Дорога на Астапово [путевой роман] | страница 63
Одним словом, Толстому необходимо было показать, что военное искусство — только часть отвратительной стороны войны, наполеоновская машина порочна, и маршал Ней со всей своей славой пал жертвой этой необходимости. Шкловский отстаивал не право Толстого на интерпретацию, а право на «энергию заблуждения», в том числе на свой метод описания мира, в котором, вслед Толстому, много этой энергии и много заблуждений.
Как расскажешь, так и будет. Всё определяется свойствами рассказчика.
История, которой мы питаемся, ими и создается.
Сама по себе эта история очень показательна и постоянно повторяется — противоборство «возвышенных патриотов», «очевидцев» и «писателей-очернителей», «критиков истории» вечно.
Вот хороший вопрос: достаточно ли боевого опыта Льва Толстого на Кавказе и в Крымской войне для того, чтобы писать об Отечественной войне 1812 года? Многим современникам, кстати, роман Толстого не пришёлся по душе. Вяземский и Норов считали, что нет.

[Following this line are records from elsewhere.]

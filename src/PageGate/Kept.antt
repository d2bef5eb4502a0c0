-- ===== src/PageGate/Kept.antt =====
-- No new page is kept that the gate has not accepted, and a review is added for each file that is dropped.
use mathlib.Core.Bool.{false≢true}
use knowlega.Base.{
  ◌+◌, String, ◌≡◌, ◌⊎◌, refl, sym, ◌∙◌, subst, inl, inr, Bool, true, false, not, ◌&&◌, Option,
  none, some, List, [], ◌∷◌, arith, ◌==◌, elem, length, length-append, is_some, All, In, elem_iff,
  Bool-cases, Option-cases,
}
use knowlega.PageGate.Decide.{
  FileBlock, NewPageGateDecision, ReviewBlock, Gated, gated, omitted, gate_error, is_accepted,
  rejected_for, reason_text, first_omitted, dropped_reviews, kept_files, decide,
}

abbrev Judged : (String → Bool) → (String → Option String) → String → Type 0
Judged accepted reason c = (accepted c ≡ true) ⊎ (is_some (reason c) ≡ true)

judged :
    (a : Bool) (r : Option String)
    → (not a && reason_text r == "") ≡ false
    → (a ≡ true) ⊎ (is_some r ≡ true)
judged true r h = inl refl
judged false (some r) h = inr refl
judged false none h = absurd (false≢true (sym h))

-- Either a candidate is neither accepted nor rejected with a reason, or each is accepted or rejected.
First : (String → Bool) → (String → Option String) → List String → Option String → Type 0
First accepted reason candidates none = All (Judged accepted reason) candidates
First accepted reason candidates (some c) =
    In c candidates × (accepted c ≡ false) × ((reason_text (reason c) == "") ≡ true)

First-behind :
    (accepted : String → Bool) (reason : String → Option String) (c : String)
    (candidates : List String) (o : Option String)
    → Judged accepted reason c
    → First accepted reason candidates o
    → First accepted reason (c ∷ candidates) o
unfolding First
First-behind accepted reason c candidates none j h = (j, h)
First-behind accepted reason c candidates (some d) j h = (inr h.0, h.1, h.2)

first_omitted-First :
    (accepted : String → Bool) (reason : String → Option String) (candidates : List String)
    → First accepted reason candidates (first_omitted accepted reason candidates)
unfolding first_omitted
first_omitted-First accepted reason [] = unfold First in tt
first_omitted-First accepted reason (c ∷ candidates) =
    elim (Bool-cases (not (accepted c) && reason_text (reason c) == "")) [
      | inl e ↦ rw e (unfold First in (inl refl, ground (arith, e), ground (arith, e)))
      | inr e ↦ rw e (
          First-behind accepted reason c candidates _ (judged (accepted c) (reason c) e)
            (first_omitted-First accepted reason candidates))
    ]

All-In : (P : String → Type 0) (xs : List String) (x : String) → All P xs → In x xs → P x
All-In P [] x h m = elim m [ ]
All-In P (y ∷ ys) x h (inl e) = subst P (sym e) h.0
All-In P (y ∷ ys) x h (inr m) = All-In P ys x h.1 m

-- A file that is no candidate, or one that the gate accepted.
abbrev pub Allowed : List String → NewPageGateDecision → FileBlock → Type 0
Allowed candidates d f = (elem f.path candidates ≡ false) ⊎ (is_accepted candidates d f.path ≡ true)

kept_files-Allowed :
    (candidates : List String) (d : NewPageGateDecision) (files : List FileBlock)
    → All (Judged (is_accepted candidates d) (rejected_for candidates d)) candidates
    → All (Allowed candidates d) (kept_files (rejected_for candidates d) files)
unfolding kept_files
kept_files-Allowed candidates d [] h = tt
kept_files-Allowed candidates d (f ∷ files) h =
    elim (Bool-cases (is_some (rejected_for candidates d f.path))) [
      | inl e ↦ rw e (kept_files-Allowed candidates d files h)
      | inr e ↦ rw e (
        elim (Bool-cases (elem f.path candidates)) [
          | inr m ↦ inl m
          | inl m ↦ elim (All-In _ candidates f.path h ((elem_iff f.path candidates).0 m)) [
            | inl a ↦ inr a
            | inr r ↦ absurd (false≢true (sym e ∙ r))
          ]
        ],
        kept_files-Allowed candidates d files h,
      )
    ]

length-kept_dropped :
    (accepted : String → Bool) (reason : String → Option String) (files : List FileBlock)
    → length (kept_files reason files) + length (dropped_reviews accepted reason files)
      ≡ length files
unfolding kept_files dropped_reviews
length-kept_dropped accepted reason [] = omega arith
length-kept_dropped accepted reason (f ∷ files) = elim (Option-cases (reason f.path)) [
  | inl e ↦ rw (e, dropped_reviews) (omega (arith, length-kept_dropped accepted reason files))
  | inr (r, e) ↦ rw (e, dropped_reviews) (omega (arith, length-kept_dropped accepted reason files))
]

-- What a decision may come to.
pub Passed : List String → NewPageGateDecision → List FileBlock → List ReviewBlock → Gated → Type 0
Passed candidates d files reviews (gate_error e) = ⊥
Passed candidates d files reviews (omitted c) =
    In c candidates
    × (is_accepted candidates d c ≡ false)
    × ((reason_text (rejected_for candidates d c) == "") ≡ true)
Passed candidates d files reviews (gated kept reviews') =
    All (Allowed candidates d) kept
    × (length kept + length reviews' ≡ length files + length reviews)

-- The decision on new pages: when it is applied, each file that is kept is no candidate or one that
-- the gate accepted, and as many reviews are added as files are dropped; when it is not, the candidate that
-- the error names is one that the gate neither accepted nor rejected with a reason.
pub decide-Passed :
    (candidates : List String) (d : NewPageGateDecision) (files : List FileBlock)
    (reviews : List ReviewBlock)
    → Passed candidates d files reviews (decide candidates d files reviews)
unfolding decide Passed
decide-Passed candidates d files reviews =
    let first =
      first_omitted-First (is_accepted candidates d) (rejected_for candidates d) candidates in
    elim (Option-cases
      (first_omitted (is_accepted candidates d) (rejected_for candidates d) candidates)) [
        | inl e ↦
            rw (e, decide)
              (
                kept_files-Allowed candidates d files (unfold First in subst (First _ _ _) e first),
                rw
                    (length-append reviews (
                      dropped_reviews (is_accepted candidates d) (rejected_for candidates d) files))
                    (omega (
                      arith,
                      length-kept_dropped (is_accepted candidates d) (rejected_for candidates d)
                          files,
                    )),
              )
        | inr (c, e) ↦ rw (e, decide) (unfold First in subst (First _ _ _) e first)
      ]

Авраам Сергеевич Норов был, между прочим, человек примечательный: при Бородинском сражении прапорщик Норов командовал полубатареей на Багратионовых флешах, потерял ногу, но остался в армии и дослужился до полковника. Стуча деревянной ногой, он объездил Ближний Восток, научился читать иероглифы, оставил множество заметок. Потом был министром народного образования и умер семидесяти трёх лет в 1869 году. Так вот, напоследок он написал заметки о толстовском романе в духе: «Неужели таково было наше общество, неужели такова была наша армия, спрашивали меня многие? Если бы книга графа Толстого была писана иностранцем, то всякий сказал бы, что он не имел под рукою ничего, кроме частных рассказов; но книга писана русским и не названа романом (хотя мы принимаем её за роман), и поэтому не так могут взглянуть на неё читатели, не имеющие ни времени, ни случая поверить её с документами или поговорить с небольшим числом оставшихся очевидцев великих отечественных событий. Будучи в числе сих последних (quorum pars minima fui), я не мог без оскорблённого патриотического чувства дочитать этот роман, имеющий претензии быть историческим, и, несмотря на преклонность лет моих, счёл как бы своим долгом написать несколько строк в память моих бывших начальников и боевых сослуживцев»[54].
Дело не только в том, что Толстому Норов и прочие очевидцы высказывали претензии в неточностях движения войск, — они говорили о совершенно другом поведении исторических персонажей, о других мотивировках слов, речей, поведения и принятии решений. И, при всех поправках на оскорблённую гордость, это довольно ценные замечания. Из этого не следует, что книга Толстого не является национальным сокровищем. Из этого следует то, что это сокровище имеет сложную структуру и им нужно уметь пользоваться.